====== GIVEN DATA ======

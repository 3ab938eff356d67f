-- ===== src/Kv/Server/Chains/Owner.antt =====
-- The owner's operations, Drain and Close as chains of moves.
use repani.Base.{
  ℕ, ◌^◌, ◌<◌, inl, inr, Bool, false, List, [], ◌∷◌, Bytes, Bool-cases, Option-cases, Result-cases,
}
use repani.Kv.Vault.Entry.{Entry}
use repani.Kv.Store.Canonical.{has_id}
use repani.Kv.Server.Maps.{lookup}
use repani.Kv.Server.State.{StoreOps, Server, Env}
use repani.Kv.Server.Lifecycle.{close_loop, close_server, drain}
use repani.Kv.Server.Laws.{StoreLaws, total_size}
use repani.Kv.Server.Pushes.{validate_new}
use repani.Kv.Server.Owner.{ensure_vault, drop_vault, add_to, set_no_push}
use repani.Kv.Server.Moves.{
  Moves, here, touch, flagged, shut, pushed_to, shut_down, then-Moves, one-Move,
}
use repani.Kv.Server.Chains.{Opens, end_locked-Moves, create_vault_locked-Moves}

module _ {S A : Type 0} (cxof : Bytes → Bytes → Bytes) (ops : StoreOps S A) (IsGood : S → Type 0)
    (held : S → List Entry) (Began : List Entry → ℕ → Type 0) where
  abbrev Chain : Server S → Server S → Type 0
  Chain = Moves cxof ops IsGood held Began

  pub ensure_vault-Moves :
      (laws : StoreLaws cxof ops IsGood held) (env : Env S A) (vid ak : Bytes) (sv : Server S)
      → Opens cxof ops IsGood held Began env
      → Chain sv (ensure_vault cxof ops env vid ak sv).0
  unfolding ensure_vault
  ensure_vault-Moves laws env vid ak sv opens = elim (Bool-cases (has_id vid sv.revoked)) [
    | inl r ↦ rw r here
    | inr r ↦ elim (Option-cases (lookup vid sv.vaults)) [
      | inr (ref, l) ↦ rw (ensure_vault, r, l) here
      | inl l ↦
          rw (ensure_vault, r, l)
            (create_vault_locked-Moves cxof ops IsGood held Began laws env vid ak false sv opens
              (r, l))
    ]
  ]

  pub drop_vault-Moves :
      (env : Env S A) (vid note : Bytes) (sv : Server S)
      → Chain sv (drop_vault cxof ops env vid note sv).0
  unfolding drop_vault
  drop_vault-Moves env vid note sv = elim (Option-cases (lookup vid sv.vaults)) [
    | inl l ↦ rw (drop_vault, l) here
    | inr (ref, l) ↦
        rw (drop_vault, l) (end_locked-Moves cxof ops IsGood held Began env vid ref note sv l)
  ]

  pub add_to-Moves :
      (env : Env S A) (ref : ℕ) (entries : List Entry) (sv : Server S)
      → env.now < 2 ^ 63
      → total_size entries < 2 ^ 63
      → Chain sv (add_to cxof ops env ref entries sv).0
  unfolding add_to
  add_to-Moves env ref entries sv clock small = elim (Bool-cases (sv.heap ref).gone) [
    | inl g ↦ rw (add_to, g) here
    | inr g ↦
        elim (Result-cases (validate_new cxof ops env.now sv.quotas (sv.heap ref) entries false)) [
          | inr (x, v) ↦ simp (add_to, g, v) here
          | inl (news, v) ↦
              simp (add_to, g, v)
                (one-Move (
                  touch sv ref _ (
                    pushed_to (sv.heap ref) env.now false entries env.answer news g clock small v)))
        ]
  ]

  pub set_no_push-Moves :
      (vid : Bytes) (v : Bool) (sv : Server S) → Chain sv (set_no_push vid v sv).0
  unfolding set_no_push
  set_no_push-Moves vid v sv = elim (Option-cases (lookup vid sv.vaults)) [
    | inl l ↦ rw (set_no_push, l) here
    | inr (ref, l) ↦ rw (set_no_push, l) (one-Move (touch sv ref _ (flagged (sv.heap ref) v)))
  ]

  close_loop-Moves : (vs : List (Bytes × ℕ)) (sv : Server S) → Chain sv (close_loop ops vs sv)
  unfolding close_loop
  close_loop-Moves [] sv = here
  close_loop-Moves (v ∷ vs) sv =
      then-Moves (one-Move (touch sv v.1 _ (shut (sv.heap v.1)))) (close_loop-Moves vs _)

  pub drain-Moves : (sv : Server S) → Chain sv (drain sv)
  unfolding drain
  drain-Moves sv = one-Move (shut_down sv)

  pub close_server-Moves : (sv : Server S) → Chain sv (close_server ops sv)
  unfolding close_server
  close_server-Moves sv = then-Moves (drain-Moves sv) (close_loop-Moves sv.vaults (drain sv))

======

▶ **EXERCISE DETAILS**: Whenever the word "false" shows up in a line, that line counts. Say how many lines of the data count, giving the number alone.

▶ **EXERCISE SOLUTION**: 4